Trying to understand PackedSequence and pack_padded_sequence

Jesper_Rix · September 25, 2017, 6:39am

Hi guys,

I’m new to PyTorch and i’m trying to grasp PackedSequence.

I have a batch of some sentences with variable length, which I wanna translate into PackedSequence, so i can feed them into an RNN.

The longest sentence in the batch is 11 words. Dimension of my word vectors are [1, 240] each.

I have padded each sentence to match the length of the longest sequence therefore my input Tensor is:

# batch_size, max_len, num_features
batch_in.size()
torch.Size([100, 11, 240])

packed_seq = nn.utils.rnn.pack_padded_sequence(batch_in, batch_in_lengths,batch_first=True)

And the output of packed_seq:

PackedSequence(data=Variable containing:
 3.1625e-01 -4.8614e-01  4.9205e-01  ...  -3.2214e-01 -1.0503e+00 -7.7392e-01
-2.3958e-01 -5.7964e-01 -1.1852e+00  ...  -4.7232e-02 -8.6795e-01  9.3440e-03
-2.3958e-01 -5.7964e-01 -1.1852e+00  ...  -4.7232e-02 -8.6795e-01  9.3440e-03
                ...                   ⋱                   ...                
-5.1679e-01  7.7076e-01  4.5970e-01  ...  -3.2855e-01  8.4874e-01  2.6562e-01
 7.2816e-01 -5.6678e-01 -1.5125e+00  ...   3.1464e-01 -6.4921e-01 -1.1999e+00
 1.2031e+00 -1.0457e-01  5.2758e-01  ...  -5.4365e-01  7.4296e-01  1.9522e-01
[torch.DoubleTensor of size 379x240]
, batch_sizes=[100, 100, 100, 42, 13, 10, 7, 3, 2, 1, 1])

Can somebody explain me why the batch_sizes looks the way it does?
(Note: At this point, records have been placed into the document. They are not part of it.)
-- ===== src/Main/UserStore.antt =====
-- electron/main/userStore.ts: the snapshot on disk.
use vanilla_bus.Prelude.{ℕ, Bool, true, false, ◌++◌, Option, none, some, Text, codes, if◌then◌else◌}
use vanilla_bus.Engine.Value.{Value}
use vanilla_bus.Persist.{PersistSnapshot, default_persist}
use vanilla_bus.Persist.Sanitize.{sanitize_persist}
use vanilla_bus.Persist.Build.{of_snapshot}
use vanilla_bus.Trace.Format.{to_string}
use vanilla_bus.Main.Host.{FileSystem, JsonText}

abbrev pub parsed : Option Value → PersistSnapshot
parsed none = default_persist
parsed (some v) = sanitize_persist v

-- calls in a row: the state after the first that threw, or after the last
abbrev pub in_turn {ℓ} : {D : Type ℓ} → Bool → Bool → D × Bool → D × Bool → D × Bool → D × Bool
in_turn false b x y z = x
in_turn true false x y z = y
in_turn true true x y z = z

module _ (fs : FileSystem) (json : JsonText) (dirname : Text → Text) (pid : ℕ) where
  abbrev pub read_text : Option Text → PersistSnapshot
  read_text none = default_persist
  read_text (some text) = parsed (json.parse text)

  -- a missing or corrupt file is the default
  unfoldable pub load : Text → fs.Disk → PersistSnapshot
  load path disk = read_text (fs.read disk path)

  -- `${this.filePath}.${process.pid}.tmp`
  abbrev pub tmp_path : Text → Text
  tmp_path path = path ++ codes "." ++ to_string 10 pid ++ codes ".tmp"

  abbrev pub body_of : PersistSnapshot → Text
  body_of next = json.stringify (of_snapshot next) ++ codes "\n"

  -- The rename, a second time without the destination where it fails. False is an exception.
  unfoldable pub replace : Text → fs.Disk → fs.Disk × Bool
  replace path disk =
      let first = fs.rename disk (tmp_path path) path in
      if first.1 then first else fs.rename (fs.unlink first.0 path).0 (tmp_path path) path

  abbrev pub save_body : Text → Text → fs.Disk → fs.Disk × Bool
  save_body path body disk =
      let made = fs.make_directory disk (dirname path) in
      let put = fs.write made.0 (tmp_path path) body in
      in_turn made.1 put.1 made put (replace path put.0)

  -- the snapshot that `save` returns, where it does not throw
  unfoldable pub save : Text → PersistSnapshot → fs.Disk → fs.Disk × Option PersistSnapshot
  save path snapshot disk =
      let next = sanitize_persist (of_snapshot snapshot) in
      let r = save_body path (body_of next) disk in (r.0, if r.1 then some next else none)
chenyuntc · September 25, 2017, 11:10am

well, the batch_sizes here is not actually the batch_size of batch_in

packed_seq = nn.utils.rnn.pack_padded_sequence(batch_in.transpose(0,1), batch_in_lengths,batch_first=False)
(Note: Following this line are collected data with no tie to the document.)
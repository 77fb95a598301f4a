-- ===== src/Main/SaveLoad.antt =====
-- electron/main/userStore.ts: what was saved is loaded.
use vanilla_bus.Prelude.{
  ℕ, ◌≡◌, ◌≢◌, refl, sym, ap, ◌∙◌, Bool, true, false, ◌++◌, none, some, Text, codes, arith, length,
  length-append, Bool-cases, inl, inr, if◌then◌else◌,
}
use mathlib.Core.Option.{some-injective}
use vanilla_bus.Persist.{PersistSnapshot}
use vanilla_bus.Persist.Sanitize.{sanitize_persist}
use vanilla_bus.Persist.Build.{of_snapshot}
use vanilla_bus.Persist.Sound.{IsSnapshot}
use vanilla_bus.Persist.Restore.{IsTidy, sanitize_persist-of_snapshot}
use vanilla_bus.Trace.Format.{to_string}
use vanilla_bus.Main.Host.{FileSystem, IsFileSystem, JsonText, ReadsBack}
use vanilla_bus.Main.UserStore.{
  parsed, read_text, load, tmp_path, body_of, in_turn, replace, save_body, save,
}

module _ (fs : FileSystem) (json : JsonText) (dirname : Text → Text) (pid : ℕ)
    (laws : IsFileSystem fs) where
  tmp_path-ne : (path : Text) → path ≢ tmp_path fs json dirname pid path
  tmp_path-ne path e =
      let dotted = path ++ codes "." in
      let numbered = dotted ++ to_string 10 pid in
      omega (
        arith,
        ap length e,
        length-append numbered (codes ".tmp"),
        length-append dotted (to_string 10 pid),
        length-append path (codes "."),
      )

  -- after a replacement that went through, the file has what the temporary one had
  replace-reads :
      (path : Text) (disk : fs.Disk)
      → (replace fs json dirname pid path disk).1 ≡ true
      → fs.read (replace fs json dirname pid path disk).0 path
        ≡ fs.read disk (tmp_path fs json dirname pid path)
  unfolding replace
  replace-reads path disk h =
      let tmp = tmp_path fs json dirname pid path in
      let first = fs.rename disk tmp path in
      elim (Bool-cases first.1) [
        | inl e ↦ rw (e, replace) (laws.renamed disk tmp path e)
        | inr e ↦
            let again = (fs.unlink first.0 path).0 in
            rw (e, replace)
              (laws.renamed again tmp path (ground (arith, e))
                ∙ laws.unlinks_one first.0 path tmp (tmp_path-ne path)
                ∙ laws.not_renamed disk tmp path tmp e)
      ]

  -- three calls in a row that all went through
  in_a_row :
      (a b : Bool) (x y z : fs.Disk × Bool)
      → x.1 ≡ a
      → y.1 ≡ b
      → (in_turn a b x y z).1 ≡ true
      → (b ≡ true) × (in_turn a b x y z ≡ z)
  in_a_row false b x y z p q h = absurd (ground (arith, p, h))
  in_a_row true false x y z p q h = absurd (ground (arith, q, h))
  in_a_row true true x y z p q h = (refl, refl)

  save_body-reads :
      (path body : Text) (disk : fs.Disk)
      → (save_body fs json dirname pid path body disk).1 ≡ true
      → fs.read (save_body fs json dirname pid path body disk).0 path ≡ some body
  save_body-reads path body disk h =
      let made = fs.make_directory disk (dirname path) in
      let tmp = tmp_path fs json dirname pid path in
      let put = fs.write made.0 tmp body in
      let (wrote, e) =
        in_a_row made.1 put.1 made put (replace fs json dirname pid path put.0) refl refl h in
      ap (λ r. fs.read r.0 path) e
      ∙ replace-reads path put.0 (sym (ap (λ r. r.1) e) ∙ h)
      ∙ laws.written made.0 tmp body wrote

  load-reads :
      (path : Text) (disk : fs.Disk) (s : PersistSnapshot)
      → IsSnapshot s
      → IsTidy s
      → ReadsBack json (of_snapshot s)
      → fs.read disk path ≡ some (body_of fs json dirname pid s)
      → load fs json dirname pid path disk ≡ s
  unfolding load
  load-reads path disk s h t codec e =
      ap (read_text fs json dirname pid) e ∙ ap parsed codec ∙ sanitize_persist-of_snapshot s h t

  returned :
      (b : Bool) (n next : PersistSnapshot)
      → (if b then some n else none) ≡ some next
      → (b ≡ true) × (n ≡ next)
  returned true n next h = (refl, some-injective n next h)
  returned false n next h = cc

  -- For a snapshot within the bounds, in which no text has white space at its ends and no text that
  -- has a default is empty, and whose object the runtime's `JSON.parse` reads back from what
  -- `JSON.stringify` wrote: a save without an exception returns it as it is, and a load after it gives
  -- it, also where the file had to be removed before the rename.
  pub save-load :
      (path : Text) (disk : fs.Disk) (s next : PersistSnapshot)
      → IsSnapshot s
      → IsTidy s
      → ReadsBack json (of_snapshot s)
      → (save fs json dirname pid path s disk).1 ≡ some next
      → (next ≡ s) × (load fs json dirname pid path (save fs json dirname pid path s disk).0 ≡ s)
  unfolding save
  save-load path disk s next h t codec saved =
      let n = sanitize_persist (of_snapshot s) in
      let kept = sanitize_persist-of_snapshot s h t in
      let r = save_body fs json dirname pid path (body_of fs json dirname pid n) disk in
      let (through, same_next) = returned r.1 n next saved in
      let there = save_body-reads path (body_of fs json dirname pid n) disk through in
      (
        sym same_next ∙ kept,
        load-reads path r.0 s h t codec
            (there ∙ ap (λ k. some (body_of fs json dirname pid k)) kept),
      )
you’ll get familiar batch size.

josmi9966 · February 4, 2018, 7:09pm

I also do not understand where the batch_sizes shown for the packed sequence come from.

Also, I would like to know how to best “unsort” the result of running the packed sequence through an LSTM and then unpacking: the unsorting would need to be done in a way to preserve the gradients and I am not sure how to do that best.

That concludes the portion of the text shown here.